→ Work instructions: Each line from the first down to the one containing "-- takes and" should be returned exactly as it appears below.

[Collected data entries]
┌──
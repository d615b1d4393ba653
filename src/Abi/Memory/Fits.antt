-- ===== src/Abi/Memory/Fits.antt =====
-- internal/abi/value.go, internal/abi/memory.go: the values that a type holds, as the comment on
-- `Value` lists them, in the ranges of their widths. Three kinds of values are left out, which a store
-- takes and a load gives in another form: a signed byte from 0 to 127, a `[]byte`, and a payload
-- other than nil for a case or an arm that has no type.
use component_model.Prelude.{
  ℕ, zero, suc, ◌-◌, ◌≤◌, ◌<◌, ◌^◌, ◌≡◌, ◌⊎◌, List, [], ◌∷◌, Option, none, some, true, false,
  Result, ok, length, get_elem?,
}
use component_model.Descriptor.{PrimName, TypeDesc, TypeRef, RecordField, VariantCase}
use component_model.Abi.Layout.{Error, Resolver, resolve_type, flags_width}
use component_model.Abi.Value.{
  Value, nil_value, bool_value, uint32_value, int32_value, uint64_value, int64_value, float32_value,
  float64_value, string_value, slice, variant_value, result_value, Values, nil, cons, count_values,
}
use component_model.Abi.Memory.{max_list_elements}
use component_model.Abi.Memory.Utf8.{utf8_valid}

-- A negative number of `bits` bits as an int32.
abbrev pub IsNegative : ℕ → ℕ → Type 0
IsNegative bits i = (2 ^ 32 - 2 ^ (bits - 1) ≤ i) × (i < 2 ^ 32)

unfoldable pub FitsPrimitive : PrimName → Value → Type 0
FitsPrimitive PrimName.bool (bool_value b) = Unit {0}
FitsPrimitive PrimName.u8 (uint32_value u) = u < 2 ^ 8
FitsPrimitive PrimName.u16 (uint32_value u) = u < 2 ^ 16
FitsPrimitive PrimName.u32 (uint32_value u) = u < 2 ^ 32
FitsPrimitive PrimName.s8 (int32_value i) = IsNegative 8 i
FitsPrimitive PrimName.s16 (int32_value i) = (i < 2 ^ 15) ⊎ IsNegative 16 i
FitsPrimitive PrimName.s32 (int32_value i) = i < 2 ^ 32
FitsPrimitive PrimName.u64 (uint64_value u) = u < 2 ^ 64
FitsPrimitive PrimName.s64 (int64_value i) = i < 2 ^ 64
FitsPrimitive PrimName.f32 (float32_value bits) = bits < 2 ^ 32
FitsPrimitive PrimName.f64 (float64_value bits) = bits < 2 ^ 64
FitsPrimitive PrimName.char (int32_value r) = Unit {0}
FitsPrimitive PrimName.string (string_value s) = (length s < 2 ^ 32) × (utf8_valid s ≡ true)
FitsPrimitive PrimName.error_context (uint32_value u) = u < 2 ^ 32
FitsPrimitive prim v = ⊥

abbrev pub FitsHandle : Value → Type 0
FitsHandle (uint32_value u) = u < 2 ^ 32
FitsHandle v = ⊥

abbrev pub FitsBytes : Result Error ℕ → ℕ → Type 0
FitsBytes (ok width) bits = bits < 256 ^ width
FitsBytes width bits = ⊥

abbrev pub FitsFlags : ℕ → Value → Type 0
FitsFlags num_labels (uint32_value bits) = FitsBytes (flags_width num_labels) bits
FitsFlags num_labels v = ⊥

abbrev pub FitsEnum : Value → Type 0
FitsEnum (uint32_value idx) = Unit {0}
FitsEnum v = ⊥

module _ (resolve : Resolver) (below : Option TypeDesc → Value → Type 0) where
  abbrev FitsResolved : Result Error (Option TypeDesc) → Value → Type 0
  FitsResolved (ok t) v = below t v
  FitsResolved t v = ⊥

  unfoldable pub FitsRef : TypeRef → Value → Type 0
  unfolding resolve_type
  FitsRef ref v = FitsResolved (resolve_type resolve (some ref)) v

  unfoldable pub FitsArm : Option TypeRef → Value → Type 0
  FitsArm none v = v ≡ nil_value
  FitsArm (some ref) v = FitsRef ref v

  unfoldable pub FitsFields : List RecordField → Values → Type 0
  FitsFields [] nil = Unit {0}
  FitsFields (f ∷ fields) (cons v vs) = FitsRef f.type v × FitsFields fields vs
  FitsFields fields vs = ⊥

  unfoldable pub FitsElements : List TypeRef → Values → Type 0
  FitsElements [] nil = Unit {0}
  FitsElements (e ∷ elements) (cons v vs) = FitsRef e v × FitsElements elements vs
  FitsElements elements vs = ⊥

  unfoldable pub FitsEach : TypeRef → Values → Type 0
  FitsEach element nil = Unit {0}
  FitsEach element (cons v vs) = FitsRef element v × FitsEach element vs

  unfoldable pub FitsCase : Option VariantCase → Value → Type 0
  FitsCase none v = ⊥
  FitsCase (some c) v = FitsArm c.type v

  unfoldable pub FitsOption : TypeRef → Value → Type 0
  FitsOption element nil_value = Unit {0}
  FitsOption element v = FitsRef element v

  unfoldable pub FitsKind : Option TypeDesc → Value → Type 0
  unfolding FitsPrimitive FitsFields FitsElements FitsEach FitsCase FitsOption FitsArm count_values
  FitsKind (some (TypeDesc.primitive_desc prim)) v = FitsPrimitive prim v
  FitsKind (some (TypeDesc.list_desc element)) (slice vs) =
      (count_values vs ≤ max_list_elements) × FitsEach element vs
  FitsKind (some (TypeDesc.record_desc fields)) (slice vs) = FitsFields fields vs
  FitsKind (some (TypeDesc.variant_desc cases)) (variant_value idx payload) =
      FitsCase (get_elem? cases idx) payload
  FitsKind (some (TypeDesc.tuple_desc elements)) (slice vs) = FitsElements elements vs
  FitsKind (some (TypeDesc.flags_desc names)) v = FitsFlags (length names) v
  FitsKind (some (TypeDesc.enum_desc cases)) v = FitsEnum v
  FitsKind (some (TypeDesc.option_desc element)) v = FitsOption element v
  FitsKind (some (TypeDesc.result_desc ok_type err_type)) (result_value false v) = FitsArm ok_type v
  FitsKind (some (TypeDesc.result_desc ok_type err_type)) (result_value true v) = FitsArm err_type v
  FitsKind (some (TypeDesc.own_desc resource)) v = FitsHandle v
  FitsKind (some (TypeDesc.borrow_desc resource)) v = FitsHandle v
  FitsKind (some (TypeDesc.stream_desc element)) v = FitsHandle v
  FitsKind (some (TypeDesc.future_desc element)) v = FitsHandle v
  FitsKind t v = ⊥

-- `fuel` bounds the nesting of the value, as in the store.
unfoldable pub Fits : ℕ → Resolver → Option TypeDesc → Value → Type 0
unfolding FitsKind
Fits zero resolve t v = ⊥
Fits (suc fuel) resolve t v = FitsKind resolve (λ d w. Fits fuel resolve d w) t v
└──
→ Answer section:
repository d615b1d4393ba653
filename src/Abi/Memory/Fits.antt
-- ===== src/Abi/Memory/Fits.antt =====
-- internal/abi/value.go, internal/abi/memory.go: the values that a type holds, as the comment on
-- `Value` lists them, in the ranges of their widths. Three kinds of values are left out, which a store
-- takes and a load gives in another form: a signed byte from 0 to 127, a `[]byte`, and a payload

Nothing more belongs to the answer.